Mr. Speaker, I listened carefully to what the member for Mercier and her colleagues said a little while ago. I always find it difficult to understand the Bloc's logic, and today is no exception.
The Bloc is always seeking a little bit more autonomy for Quebec regarding federal expenditures. The budget gives greater autonomy and flexibility in transfer payments, and the Bloc sees in this flexibility less autonomy and more centralization. It wants to hold a referendum to separate Quebec from Canada, but now that it believes that it might lose it because, increasingly, Quebecers are saying, through polls, other media and forums, that they are not interested in the proposed separation, it is starting to realize that the referendum it decided to hold is doomed; it wants to blame the federal government for the fact that it is going to lose the referendum.

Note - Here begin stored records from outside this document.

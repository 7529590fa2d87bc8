-- ===== src/Remote/Disk.antt =====
-- virtual_disk/virtual_disk_remote.cc and virtual_disk_remote.h: the state of a virtual disk, what it calls,
-- the messages that it sends, and the blocks that it takes from its caches for writes and allocations.
use sandook.Base.{ℕ, zero, suc, ◌+◌, Bool, false, if◌then◌else◌, ◌==◌, List, ◌∷◌, Option}
use sandook.Status.{◌>>=◌, Status, ok, err, fault}
use sandook.Types.{
  BlockAddr, ServerId, ServerBlockInfo, ServerReplicaBlockInfo, ServerReplicaBlockInfoList, IoDesc,
  OpType, get_op, k_invalid_server_id,
}
use sandook.Selection.{ServerSet, ServerReplicaList}
use sandook.Resolver.{BlockResolver, add_mapping}
use sandook.DiskServer.{StorageOpMsg, StorageOpReplyMsg}
use sandook.Remote.{Client}

-- What a virtual disk calls: its scheduler, its block caches and the servers. `W` is the state of all of
-- them. `call` is a call that the server answers: `RPCClient::Call` has no error result, and waits as long as
-- there is no answer. An answer that is empty or too short for a reply is `none`.
pub record Services (W : Type 0) : Type 0 where
  pub select_read_server : W → ServerSet → IoDesc → Status ServerId × W
  pub select_write_replicas : W → IoDesc → Status ServerReplicaList × W
  pub signal_congested : W → ServerId → W
  pub get_block : W → ServerId → Status ServerBlockInfo × W
  pub call : W → ServerId → StorageOpMsg → Option StorageOpReplyMsg × W

-- The descriptor with the address of a block on a server.
abbrev pub at_block : IoDesc → ServerBlockInfo → IoDesc
at_block iod info = record iod { start_sector = info.block_addr }

module _ {W : Type 0} (s : Services W) (affinity : ServerId) where
  -- `sent` is the record of the messages that this disk has sent, the last one first; no code reads it.
  -- The counters are given by their sums.
  pub record VirtualDisk : Type 0 where
    pub client : Client s.signal_congested affinity
    pub servers : ServerSet
    pub blk_res : BlockResolver
    pub num_read_rejections : ℕ
    pub num_read_retries : ℕ
    pub num_write_rejections : ℕ
    pub num_write_retries : ℕ
    pub num_reads_submitted : ℕ
    pub num_writes_submitted : ℕ
    pub sent : List (ServerId × StorageOpMsg)

  abbrev pub with_world : VirtualDisk → W → VirtualDisk
  with_world d w = record d { client = record d.client { sched = w } }

  abbrev pub message : IoDesc → StorageOpMsg
  message iod = record { iod = iod; req_id = 0; affinity = affinity }

  unfoldable pub count_submitted : VirtualDisk → OpType → VirtualDisk
  count_submitted d OpType.write = record d { num_writes_submitted = d.num_writes_submitted + 1 }
  count_submitted d _ = record d { num_reads_submitted = d.num_reads_submitted + 1 }

  -- `ProcessStorageOp`. The identifier of a request is always 0.
  unfoldable pub process_storage_op :
      VirtualDisk → ServerId → IoDesc → Status (Option StorageOpReplyMsg) × VirtualDisk
  unfolding count_submitted
  process_storage_op d id iod =
      let (resp, w) = s.call d.client.sched id (message iod) in
      let d' = count_submitted d (get_op iod) in
      (
        ok resp,
        record d' { client = record d'.client { sched = w }; sent = (id, message iod) ∷ d'.sent },
      )

  -- The entry of the array: the block that a server's cache gives.
  unfoldable pub get_replica :
      VirtualDisk → ServerId → Bool → Status ServerReplicaBlockInfo × VirtualDisk
  get_replica d id set_dirty =
      let (blk, w) = s.get_block d.client.sched id in
      (blk >>= λ b. ok (record { info = b; dirty = set_dirty }), with_world d w)

  unfoldable pub back_replica :
      Status ServerReplicaBlockInfo × VirtualDisk
      → ServerId
      → Bool
      → Status ServerReplicaBlockInfoList × VirtualDisk
  unfolding get_replica
  back_replica (err e, d) id set_dirty = (err e, d)
  back_replica (fault, d) id set_dirty = (fault, d)
  back_replica (ok front, d) id set_dirty =
      let (back, d') = get_replica d id set_dirty in
      (back >>= λ b. ok (record { front = front; back = b }), d')

  unfoldable pub get_replicas :
      VirtualDisk
      → Status ServerReplicaList
      → Bool
      → Status ServerReplicaBlockInfoList × VirtualDisk
  unfolding back_replica
  get_replicas d (ok ids) set_dirty =
      back_replica (get_replica d ids.front set_dirty) ids.back set_dirty
  get_replicas d (err e) set_dirty = (err e, d)
  get_replicas d fault set_dirty = (fault, d)

  -- `GetBlocks`, and `GetBlocksWithAffinity` for a disk that is bound to one server.
  unfoldable pub get_blocks :
      VirtualDisk → IoDesc → Bool → Status ServerReplicaBlockInfoList × VirtualDisk
  unfolding get_replicas
  get_blocks d iod set_dirty =
      if affinity == k_invalid_server_id
      then (let (ids, w) = s.select_write_replicas d.client.sched iod in
          get_replicas (with_world d w) ids set_dirty)
      else get_replicas d (ok (record { front = affinity; back = affinity })) set_dirty

  -- The mapping of a sector to the blocks that were taken.
  map_blocks :
      BlockAddr → Status ServerReplicaBlockInfoList × VirtualDisk → Status (Unit {0}) × VirtualDisk
  map_blocks sector (err e, d) = (err e, d)
  map_blocks sector (fault, d) = (fault, d)
  map_blocks sector (ok blks, d) = elim (add_mapping d.blk_res sector blks) [
    | err e ↦ (err e, d)
    | fault ↦ (fault, d)
    | ok r ↦ (ok tt, record d { blk_res = r })
  ]

  after_mapping :
      (VirtualDisk → Status ℕ × VirtualDisk)
      → Status (Unit {0}) × VirtualDisk
      → Status ℕ × VirtualDisk
  after_mapping rest (err e, d) = (err e, d)
  after_mapping rest (fault, d) = (fault, d)
  after_mapping rest (ok _, d) = rest d

  -- The loop of a request that allocates, for `k` more sectors from `sector` on.
  pub allocate_from : IoDesc → ℕ → BlockAddr → VirtualDisk → Status ℕ × VirtualDisk
  unfolding after_mapping map_blocks get_blocks
  allocate_from iod zero sector d = (ok 0, d)
  allocate_from iod (suc k) sector d =
      after_mapping (allocate_from iod k (sector + 1))
        (map_blocks sector (get_blocks d (record iod { start_sector = sector }) false))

The hon. member mentioned the need to get our financial houses in order, not only at the federal level whose expenditures are, for the main part, transferred directly to the provinces, including Quebec, through equalization, social transfers and other mechanisms offering more and more freedom to the provinces. We are looking for ways to co-operate with the provinces and with Quebec, but we are accused of always trying to centralize. It is impossible to co-operate with someone who does not want to.
My question to the member is in connection with the motion before us today: How does the social transfer give less freedom to Quebec to manage its own finances within this envelope? What are the new conditions set by the Canadian government in this envelope?